**Aim of the task**
Please take the lines from the one holding "-- The rows" through the one holding "List Bytes) (es : List MlsStorageEntry)" in the data below and copy them exactly.
----
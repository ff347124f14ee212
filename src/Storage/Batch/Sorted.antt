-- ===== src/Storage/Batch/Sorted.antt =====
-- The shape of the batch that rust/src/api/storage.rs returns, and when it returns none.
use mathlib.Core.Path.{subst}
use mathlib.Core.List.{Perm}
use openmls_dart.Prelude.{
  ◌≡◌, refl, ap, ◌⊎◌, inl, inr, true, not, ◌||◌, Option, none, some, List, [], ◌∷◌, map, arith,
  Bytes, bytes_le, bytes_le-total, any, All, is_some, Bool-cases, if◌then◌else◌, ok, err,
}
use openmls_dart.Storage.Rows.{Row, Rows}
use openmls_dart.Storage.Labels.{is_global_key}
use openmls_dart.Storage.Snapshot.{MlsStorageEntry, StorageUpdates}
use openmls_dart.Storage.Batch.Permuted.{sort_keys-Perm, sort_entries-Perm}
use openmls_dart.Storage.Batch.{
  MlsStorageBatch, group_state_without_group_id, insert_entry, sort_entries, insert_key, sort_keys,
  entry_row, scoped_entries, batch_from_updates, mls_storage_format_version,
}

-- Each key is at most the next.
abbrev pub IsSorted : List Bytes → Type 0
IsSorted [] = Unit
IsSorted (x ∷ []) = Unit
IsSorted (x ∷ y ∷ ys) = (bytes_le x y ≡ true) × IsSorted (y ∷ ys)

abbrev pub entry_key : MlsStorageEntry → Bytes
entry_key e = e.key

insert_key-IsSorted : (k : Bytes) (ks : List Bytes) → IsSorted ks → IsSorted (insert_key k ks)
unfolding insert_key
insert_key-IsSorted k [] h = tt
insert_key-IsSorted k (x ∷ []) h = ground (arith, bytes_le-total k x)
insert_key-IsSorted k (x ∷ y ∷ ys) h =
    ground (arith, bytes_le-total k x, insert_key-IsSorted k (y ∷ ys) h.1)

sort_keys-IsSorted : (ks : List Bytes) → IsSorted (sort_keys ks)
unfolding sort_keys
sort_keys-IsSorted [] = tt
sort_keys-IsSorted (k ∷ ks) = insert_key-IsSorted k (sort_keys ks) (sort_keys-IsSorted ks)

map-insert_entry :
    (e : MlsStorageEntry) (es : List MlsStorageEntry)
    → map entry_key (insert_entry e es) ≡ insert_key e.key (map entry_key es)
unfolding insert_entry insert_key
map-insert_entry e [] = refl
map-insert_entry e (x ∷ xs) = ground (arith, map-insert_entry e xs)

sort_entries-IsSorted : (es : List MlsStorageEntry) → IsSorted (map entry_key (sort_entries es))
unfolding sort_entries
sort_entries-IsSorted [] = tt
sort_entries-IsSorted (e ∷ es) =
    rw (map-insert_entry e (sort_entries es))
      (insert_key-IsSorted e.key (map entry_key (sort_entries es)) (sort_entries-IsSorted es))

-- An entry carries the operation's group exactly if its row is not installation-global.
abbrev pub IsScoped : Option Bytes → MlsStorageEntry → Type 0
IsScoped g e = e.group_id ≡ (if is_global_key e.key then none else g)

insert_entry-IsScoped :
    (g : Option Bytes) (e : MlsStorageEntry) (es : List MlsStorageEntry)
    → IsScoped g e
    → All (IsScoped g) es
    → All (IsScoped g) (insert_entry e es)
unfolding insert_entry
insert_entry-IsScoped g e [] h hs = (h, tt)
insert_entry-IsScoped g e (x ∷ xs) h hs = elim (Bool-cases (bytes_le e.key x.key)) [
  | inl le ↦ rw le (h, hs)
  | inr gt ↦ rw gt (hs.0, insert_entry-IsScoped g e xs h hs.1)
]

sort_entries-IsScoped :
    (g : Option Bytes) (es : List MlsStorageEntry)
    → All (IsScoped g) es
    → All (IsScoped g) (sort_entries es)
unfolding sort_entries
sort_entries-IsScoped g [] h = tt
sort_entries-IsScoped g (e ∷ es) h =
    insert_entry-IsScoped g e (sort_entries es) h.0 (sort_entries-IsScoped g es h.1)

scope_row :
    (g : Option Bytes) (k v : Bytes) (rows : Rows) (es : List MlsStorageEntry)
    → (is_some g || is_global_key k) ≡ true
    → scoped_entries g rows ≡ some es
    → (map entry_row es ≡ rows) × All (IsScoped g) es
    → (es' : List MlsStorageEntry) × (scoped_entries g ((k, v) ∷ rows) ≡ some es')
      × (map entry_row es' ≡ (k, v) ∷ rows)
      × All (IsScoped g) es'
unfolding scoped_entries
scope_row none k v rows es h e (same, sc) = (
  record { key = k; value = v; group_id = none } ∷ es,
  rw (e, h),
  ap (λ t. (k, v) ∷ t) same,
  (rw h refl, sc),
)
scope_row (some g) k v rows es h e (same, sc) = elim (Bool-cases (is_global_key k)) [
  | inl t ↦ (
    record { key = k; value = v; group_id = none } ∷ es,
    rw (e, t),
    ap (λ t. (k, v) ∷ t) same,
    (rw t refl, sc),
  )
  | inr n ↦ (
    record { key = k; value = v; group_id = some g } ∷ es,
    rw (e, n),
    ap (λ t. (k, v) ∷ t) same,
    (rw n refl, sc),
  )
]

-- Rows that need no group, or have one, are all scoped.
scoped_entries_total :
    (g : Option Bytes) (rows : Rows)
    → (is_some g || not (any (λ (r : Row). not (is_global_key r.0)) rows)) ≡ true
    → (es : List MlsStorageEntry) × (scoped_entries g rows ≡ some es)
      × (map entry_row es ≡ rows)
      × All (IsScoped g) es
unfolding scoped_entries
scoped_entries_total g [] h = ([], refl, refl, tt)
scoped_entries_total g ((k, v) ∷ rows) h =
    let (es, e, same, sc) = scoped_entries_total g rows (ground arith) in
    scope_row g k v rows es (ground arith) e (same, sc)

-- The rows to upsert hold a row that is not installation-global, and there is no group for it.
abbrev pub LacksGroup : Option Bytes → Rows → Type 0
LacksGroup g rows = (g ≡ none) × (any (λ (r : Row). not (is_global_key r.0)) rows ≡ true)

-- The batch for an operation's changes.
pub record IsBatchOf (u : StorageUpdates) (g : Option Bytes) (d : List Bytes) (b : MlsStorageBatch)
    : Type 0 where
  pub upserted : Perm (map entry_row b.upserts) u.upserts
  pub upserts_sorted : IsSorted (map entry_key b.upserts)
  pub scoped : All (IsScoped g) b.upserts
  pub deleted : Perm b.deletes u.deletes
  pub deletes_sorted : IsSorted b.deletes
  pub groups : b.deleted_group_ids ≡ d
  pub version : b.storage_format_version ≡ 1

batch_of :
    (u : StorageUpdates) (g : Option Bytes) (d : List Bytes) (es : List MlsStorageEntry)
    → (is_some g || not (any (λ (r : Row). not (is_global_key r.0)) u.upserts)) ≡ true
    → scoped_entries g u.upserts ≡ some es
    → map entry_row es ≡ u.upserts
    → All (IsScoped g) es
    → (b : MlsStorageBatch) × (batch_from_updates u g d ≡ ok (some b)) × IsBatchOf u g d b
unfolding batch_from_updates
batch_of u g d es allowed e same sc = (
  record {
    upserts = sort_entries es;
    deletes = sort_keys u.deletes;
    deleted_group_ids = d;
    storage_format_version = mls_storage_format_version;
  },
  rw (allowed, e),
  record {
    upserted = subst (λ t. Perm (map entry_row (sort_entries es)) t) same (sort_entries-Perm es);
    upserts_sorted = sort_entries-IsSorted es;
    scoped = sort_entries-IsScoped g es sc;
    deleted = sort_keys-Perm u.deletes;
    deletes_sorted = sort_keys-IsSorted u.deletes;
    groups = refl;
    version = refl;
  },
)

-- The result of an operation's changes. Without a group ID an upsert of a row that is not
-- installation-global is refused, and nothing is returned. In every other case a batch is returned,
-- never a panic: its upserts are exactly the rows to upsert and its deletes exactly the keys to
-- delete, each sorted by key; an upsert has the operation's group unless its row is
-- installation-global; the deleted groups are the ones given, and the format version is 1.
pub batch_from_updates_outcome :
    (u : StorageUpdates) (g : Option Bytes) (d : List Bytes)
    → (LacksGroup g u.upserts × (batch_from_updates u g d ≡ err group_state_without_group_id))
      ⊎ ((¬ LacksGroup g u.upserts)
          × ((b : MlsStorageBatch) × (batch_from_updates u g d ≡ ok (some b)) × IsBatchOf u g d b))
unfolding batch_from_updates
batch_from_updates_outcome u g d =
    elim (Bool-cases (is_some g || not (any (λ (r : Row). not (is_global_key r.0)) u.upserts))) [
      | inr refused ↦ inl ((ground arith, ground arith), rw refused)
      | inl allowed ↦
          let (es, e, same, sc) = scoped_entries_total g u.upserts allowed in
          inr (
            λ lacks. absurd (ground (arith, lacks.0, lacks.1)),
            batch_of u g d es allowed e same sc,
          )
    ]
----
**Reply to the task**
-- The rows to upsert hold a row that is not installation-global, and there is no group for it.
abbrev pub LacksGroup : Option Bytes → Rows → Type 0
LacksGroup g rows = (g ≡ none) × (any (λ (r : Row). not (is_global_key r.0)) rows ≡ true)

-- The batch for an operation's changes.
pub record IsBatchOf (u : StorageUpdates) (g : Option Bytes) (d : List Bytes) (b : MlsStorageBatch)
    : Type 0 where
  pub upserted : Perm (map entry_row b.upserts) u.upserts
  pub upserts_sorted : IsSorted (map entry_key b.upserts)
  pub scoped : All (IsScoped g) b.upserts
  pub deleted : Perm b.deletes u.deletes
  pub deletes_sorted : IsSorted b.deletes
  pub groups : b.deleted_group_ids ≡ d
  pub version : b.storage_format_version ≡ 1

batch_of :
    (u : StorageUpdates) (g : Option Bytes) (d : List Bytes) (es : List MlsStorageEntry)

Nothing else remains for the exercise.